▶ [DATA UNDER STUDY]
------------------------
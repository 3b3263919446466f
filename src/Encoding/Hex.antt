-- ===== src/Encoding/Hex.antt =====
-- `key_to_hex` and `key_from_hex` of encoding.c. The operands are unsigned ints, and what is stored
-- into a uint8_t or a char keeps the lowest eight bits.
pub mod Chars
pub mod RoundTrip
use router1_app.Prelude.{
  ℕ, ◌+◌, ◌-◌, ◌*◌, ◌/◌, ◌%◌, ◌^◌, bit_and, bit_or, bit_xor, Bool, false, not, List, [], ◌∷◌, ◌==◌,
  if◌then◌else◌, add32, sub32, sar8, length,
}
use router1_app.Encoding.Flags.{wg_key_len, or8, is_clear}

-- WG_KEY_LEN_HEX.
abbrev pub wg_key_len_hex : ℕ
wg_key_len_hex = wg_key_len * 2 + 1

-- The character of four bits; ~38U is 2 ^ 32 - 39.
unfoldable pub hex_char : ℕ → ℕ
hex_char v = add32 (add32 87 v) (bit_and (sub32 v 10 / 2 ^ 8) (2 ^ 32 - 39)) % 256

-- The loop of `key_to_hex`, over the bytes of the key. The NUL behind it ends the list.
unfoldable pub key_to_hex : List ℕ → List ℕ
unfolding hex_char
key_to_hex [] = []
key_to_hex (b ∷ key) = hex_char (b / 2 ^ 4) ∷ hex_char (bit_and b 0xf) ∷ key_to_hex key

-- What the loop body of `key_from_hex` computes of one character: the flag that it adds to `ret`,
-- and `c_val`. ~32U is 2 ^ 32 - 33.
pub record Nibble : Type 0 where
  pub flag : ℕ
  pub val : ℕ

unfoldable pub hex_digit : ℕ → Nibble
hex_digit c =
    let c_num = bit_xor c 48 % 256 in
    let c_num0 = sub32 c_num 10 / 2 ^ 8 % 256 in
    let c_alpha = sub32 (bit_and c (2 ^ 32 - 33)) 55 % 256 in
    let c_alpha0 = bit_xor (sub32 c_alpha 10) (sub32 c_alpha 16) / 2 ^ 8 % 256 in
    record {
      flag = sar8 (sub32 (bit_or c_num0 c_alpha0) 1) % 256;
      val = bit_or (bit_and c_num0 c_num) (bit_and c_alpha0 c_alpha) % 256;
    }

-- The bytes that the loop has written, and the flags.
pub record HexDecoded : Type 0 where
  pub ret : ℕ
  pub bytes : List ℕ

-- The loop of `key_from_hex`, two characters a round, over the text that is left.
unfoldable pub decode_pairs : List ℕ → ℕ → HexDecoded
decode_pairs (h ∷ l ∷ text) ret =
    let hi = hex_digit h in
    let lo = hex_digit l in
    let c_acc = hi.val * 16 % 256 in
    let later = decode_pairs text (or8 (or8 ret hi.flag) lo.flag) in
    record { ret = later.ret; bytes = bit_or c_acc lo.val ∷ later.bytes }
decode_pairs text ret = record { ret = ret; bytes = [] }

-- The answer, and the key array afterwards.
unfoldable pub key_from_hex : List ℕ → List ℕ → Bool × List ℕ
unfolding decode_pairs hex_digit
key_from_hex key hex =
    if not (length hex == wg_key_len_hex - 1)
    then (false, key)
    else let d = decode_pairs hex 0 in (is_clear d.ret, d.bytes)
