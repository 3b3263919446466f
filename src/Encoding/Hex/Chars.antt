-- ===== src/Encoding/Hex/Chars.antt =====
-- The branch-free hexadecimal digits against their plain definition.
use router1_app.Prelude.{
  ℕ, ◌+◌, ◌<◌, ◌≡◌, refl, Bool, true, false, ◌&&◌, ◌||◌, arith, ltb, leb, ◌==◌, if◌then◌else◌,
}
use router1_app.Prelude.Bits.{all_below, all_below-elim}
use router1_app.Encoding.Hex.{hex_char, hex_digit}

abbrev pub is_hex : ℕ → Bool
is_hex c = (leb b'0' c && leb c b'9') || (leb b'a' c && leb c b'f') || (leb b'A' c && leb c b'F')

abbrev pub lower_hex : ℕ → ℕ
lower_hex c = if leb b'A' c && leb c b'F' then c + 32 else c

encode_table :
    all_below 16
      (λ v. is_hex (hex_char v) && (hex_digit (hex_char v)).val == v && ltb (hex_char v) 256)
    ≡ true
unfolding all_below hex_char hex_digit
encode_table = refl

digit_table :
    all_below 256 (λ c.
      if is_hex c
      then (hex_digit c).flag == 0
        && ltb (hex_digit c).val 16
        && hex_char (hex_digit c).val == lower_hex c
      else (hex_digit c).flag == 255)
    ≡ true
unfolding all_below hex_char hex_digit
digit_table = refl

pub hex_char_lem :
    (v : ℕ)
    → v < 16
    → (is_hex (hex_char v) ≡ true) × ((hex_digit (hex_char v)).val ≡ v) × (hex_char v < 256)
hex_char_lem v h = ground (arith, all_below-elim 16 _ v encode_table h)

-- A hexadecimal digit sets no flag, and its value has the digit for its character, in lower case.
pub hex_digit_lem :
    (c : ℕ)
    → c < 256
    → is_hex c ≡ true
    → ((hex_digit c).flag ≡ 0)
      × ((hex_digit c).val < 16)
      × (hex_char (hex_digit c).val ≡ lower_hex c)
hex_digit_lem c h d = ground (arith, all_below-elim 256 _ c digit_table h)

-- Any other character sets all flags.
pub hex_digit_other : (c : ℕ) → c < 256 → is_hex c ≡ false → (hex_digit c).flag ≡ 255
hex_digit_other c h d = ground (arith, all_below-elim 256 _ c digit_table h)
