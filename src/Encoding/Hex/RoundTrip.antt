-- ===== src/Encoding/Hex/RoundTrip.antt =====
-- `key_to_hex` and `key_from_hex` undo one another, up to the case of the digits.
use router1_app.Prelude.{
  ℕ, ◌+◌, ◌*◌, ◌/◌, ◌%◌, ◌^◌, ◌<◌, bit_and, bit_or, ◌≡◌, refl, ap, ◌∙◌, true, List, [], ◌∷◌, arith,
  length, All, zero, suc, ◌⊎◌, inl, inr, Bool, false, ◌&&◌, map, Bool-cases, sym, ◌==◌,
}
use router1_app.Prelude.Bits.{bit_or_disjoint, bit_and_mask}
use router1_app.Encoding.Flags.{is_clear, IsByte, IsKey, or8, or8_zero, is_clear-zero}
use router1_app.Encoding.Hex.{hex_char, key_to_hex, hex_digit, decode_pairs, key_from_hex}
use router1_app.Encoding.Hex.Chars.{is_hex, hex_char_lem, hex_digit_lem, lower_hex, hex_digit_other}

low_nibble : (b : ℕ) → bit_and b 0xf ≡ b % 16
low_nibble b = bit_and_mask 4 b

joined : (hi lo : ℕ) → hi < 16 → lo < 16 → bit_or (hi * 16 % 256) lo ≡ hi * 16 + lo
joined hi lo h k = omega (arith, bit_or_disjoint 4 hi lo k, ap (λ (t : ℕ). bit_or t lo) fits)
  where
    fits : hi * 16 % 256 ≡ hi * 2 ^ 4
    fits = omega arith

length-key_to_hex : (key : List ℕ) → length (key_to_hex key) ≡ 2 * length key
unfolding key_to_hex
length-key_to_hex [] = refl
length-key_to_hex (b ∷ key) = omega (arith, length-key_to_hex key)

-- One round of the decoding loop on two hexadecimal digits.
decode_pairs_digits :
    (h l : ℕ) (text : List ℕ)
    → (h < 256) × (l < 256)
    → (is_hex h ≡ true) × (is_hex l ≡ true)
    → decode_pairs (h ∷ l ∷ text) 0 ≡ record {
      ret = (decode_pairs text 0).ret;
      bytes = ((hex_digit h).val * 16 + (hex_digit l).val) ∷ (decode_pairs text 0).bytes;
    }
unfolding decode_pairs
decode_pairs_digits h l text (bh, bl) (dh, dl) =
    let p = hex_digit_lem h bh dh in
    let q = hex_digit_lem l bl dl in
    rw (p.0, q.0) (rw (joined (hex_digit h).val (hex_digit l).val p.1 q.1) refl)

decode_pairs-key_to_hex :
    (key : List ℕ)
    → All IsByte key
    → decode_pairs (key_to_hex key) 0 ≡ record { ret = 0; bytes = key }
unfolding key_to_hex
decode_pairs-key_to_hex [] h = unfold decode_pairs in refl
decode_pairs-key_to_hex (b ∷ key) (hb, hk) =
    let low = low_nibble b in
    let p = hex_char_lem (b / 2 ^ 4) (omega arith) in
    let q = hex_char_lem (bit_and b 0xf) (omega (arith, low)) in
    let whole : (hex_digit (hex_char (b / 2 ^ 4))).val * 16
          + (hex_digit (hex_char (bit_and b 0xf))).val
        ≡ b =
      omega (arith, p.1, q.1, low) in
    decode_pairs_digits _ _ (key_to_hex key) (p.2, q.2) (p.0, q.0)
    ∙ rw (whole, decode_pairs-key_to_hex key hk) refl

key_from_hex_read :
    (old text : List ℕ)
    → length text ≡ 64
    → key_from_hex old text ≡ (is_clear (decode_pairs text 0).ret, (decode_pairs text 0).bytes)
unfolding key_from_hex
key_from_hex_read old text h = rw h

-- Decoding the hexadecimal text of a key gives the key.
pub key_from_hex-key_to_hex :
    (old key : List ℕ) → IsKey key → key_from_hex old (key_to_hex key) ≡ (true, key)
key_from_hex-key_to_hex old key (bytes, len) =
    let size : length (key_to_hex key) ≡ 64 = omega (arith, length-key_to_hex key) in
    key_from_hex_read old (key_to_hex key) size ∙ rw (decode_pairs-key_to_hex key bytes) refl

abbrev pub all_hex : List ℕ → Bool
all_hex [] = true
all_hex (c ∷ cs) = is_hex c && all_hex cs

flag_cases :
    (c : ℕ)
    → c < 256
    → ((is_hex c ≡ true) × ((hex_digit c).flag ≡ 0))
      ⊎ ((is_hex c ≡ false) × ((hex_digit c).flag ≡ 255))
flag_cases c h = elim (Bool-cases (is_hex c)) [
  | inl d ↦ inl (d, (hex_digit_lem c h d).0)
  | inr d ↦ inr (d, hex_digit_other c h d)
]

decode_pairs_clear :
    (k ret : ℕ) (text : List ℕ)
    → length text ≡ 2 * k
    → All IsByte text
    → ret < 256
    → (decode_pairs text ret).ret ≡ 0
    → (ret ≡ 0) × (all_hex text ≡ true)
unfolding decode_pairs
decode_pairs_clear k ret [] len h hr e = (e, refl)
decode_pairs_clear k ret (a ∷ []) len h hr e = absurd (omega arith)
decode_pairs_clear zero ret (a ∷ b ∷ text) len h hr e = absurd (omega arith)
decode_pairs_clear (suc k) ret (a ∷ b ∷ text) len (ha, (hb, ht)) hr e =
    let later = decode_pairs_clear k _ text (omega arith) ht (omega arith) e in
    let fa = flag_cases a ha in
    let fb = flag_cases b hb in
    let x : (hex_digit a).flag < 256 = ground (arith, fa) in
    let y : (hex_digit b).flag < 256 = ground (arith, fb) in
    let (p, q) = or8_zero (or8 ret (hex_digit a).flag) (hex_digit b).flag (omega arith) y later.0 in
    let (r, s) = or8_zero ret (hex_digit a).flag hr x p in ground (arith, fa, fb, later.1)

key_to_hex_byte :
    (byte : ℕ) (bytes : List ℕ) {x y u v : ℕ} {cs : List ℕ}
    → byte / 2 ^ 4 ≡ x
    → bit_and byte 0xf ≡ y
    → hex_char x ≡ u
    → hex_char y ≡ v
    → key_to_hex bytes ≡ cs
    → key_to_hex (byte ∷ bytes) ≡ u ∷ v ∷ cs
unfolding key_to_hex
key_to_hex_byte byte bytes p q r s t = rw (p, q) (rw (r, s, t) refl)

decode_pairs-all_hex :
    (k : ℕ) (text : List ℕ)
    → length text ≡ 2 * k
    → All IsByte text
    → all_hex text ≡ true
    → ((decode_pairs text 0).ret ≡ 0)
      × All IsByte (decode_pairs text 0).bytes
      × (length (decode_pairs text 0).bytes ≡ k)
      × (key_to_hex (decode_pairs text 0).bytes ≡ map lower_hex text)
decode_pairs-all_hex k [] len h e = unfold decode_pairs key_to_hex in (refl, tt, omega arith, refl)
decode_pairs-all_hex k (a ∷ []) len h e = absurd (omega arith)
decode_pairs-all_hex zero (a ∷ b ∷ text) len h e = absurd (omega arith)
decode_pairs-all_hex (suc k) (a ∷ b ∷ text) len (ha, (hb, ht)) e =
    let both : (is_hex a ≡ true) × (is_hex b ≡ true) × (all_hex text ≡ true) = ground arith in
    let p = hex_digit_lem a ha both.0 in
    let q = hex_digit_lem b hb both.1 in
    let later = decode_pairs-all_hex k text (omega arith) ht both.2 in
    let byte = (hex_digit a).val * 16 + (hex_digit b).val in
    let high : byte / 2 ^ 4 ≡ (hex_digit a).val = omega (arith, q.1) in
    let low : bit_and byte 0xf ≡ (hex_digit b).val = omega (arith, q.1, low_nibble byte) in
    rw (decode_pairs_digits a b text (ha, hb) (both.0, both.1)) (
      later.0,
      (omega (arith, p.1, q.1), later.1),
      omega (arith, later.2),
      key_to_hex_byte byte _ high low p.2 q.2 later.3,
    )

decode_pairs-ret_lt : (text : List ℕ) (ret : ℕ) → ret < 256 → (decode_pairs text ret).ret < 256
unfolding decode_pairs
decode_pairs-ret_lt [] ret h = h
decode_pairs-ret_lt (a ∷ []) ret h = h
decode_pairs-ret_lt (a ∷ b ∷ text) ret h = decode_pairs-ret_lt text _ (omega arith)

key_from_hex_refused :
    (old text : List ℕ) → (length text == 64) ≡ false → key_from_hex old text ≡ (false, old)
unfolding key_from_hex
key_from_hex_refused old text h = rw h

-- A text is accepted exactly if it has 64 characters and all are hexadecimal digits.
pub key_from_hex_accepts :
    (old text : List ℕ)
    → All IsByte text
    → (key_from_hex old text).0 ≡ (length text == 64 && all_hex text)
key_from_hex_accepts old text h = elim (Bool-cases (length text == 64)) [
  | inr wrong ↦ rw (key_from_hex_refused old text wrong, wrong)
  | inl right ↦
      let len : length text ≡ 64 = ground arith in
      rw (key_from_hex_read old text len, right) (accepts len)
]
  where
    accepts : length text ≡ 64 → is_clear (decode_pairs text 0).ret ≡ all_hex text
    accepts len = elim (Bool-cases (all_hex text)) [
      | inl good ↦ rw ((decode_pairs-all_hex 32 text len h good).0, good)
      | inr bad ↦ elim (Bool-cases (is_clear (decode_pairs text 0).ret)) [
        | inr refused ↦ rw (refused, bad)
        | inl passed ↦
            let zero_ret = is_clear-zero _ (decode_pairs-ret_lt text 0 (omega arith)) passed in
            cc ((decode_pairs_clear 32 0 text len h (omega arith) zero_ret).1)
      ]
    ]

-- The key of an accepted text has 32 bytes, and its own text is the accepted one in lower case.
pub key_to_hex-key_from_hex :
    (old text : List ℕ)
    → All IsByte text
    → (key_from_hex old text).0 ≡ true
    → IsKey (key_from_hex old text).1 × (key_to_hex (key_from_hex old text).1 ≡ map lower_hex text)
key_to_hex-key_from_hex old text h e =
    let both = sym (key_from_hex_accepts old text h) ∙ e in
    let len : length text ≡ 64 = ground (arith, both) in
    let good : all_hex text ≡ true = ground (arith, both) in
    let d = decode_pairs-all_hex 32 text len h good in
    rw (key_from_hex_read old text len) ((d.1, d.2), d.3)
------------------------
▶ [PROBLEM REQUIREMENTS]
Identify the lines above with the word "filename". Copy them.

▶ [ANSWER SPACE]
filename src/Encoding/Hex.antt
filename src/Encoding/Hex/Chars.antt
filename src/Encoding/Hex/RoundTrip.antt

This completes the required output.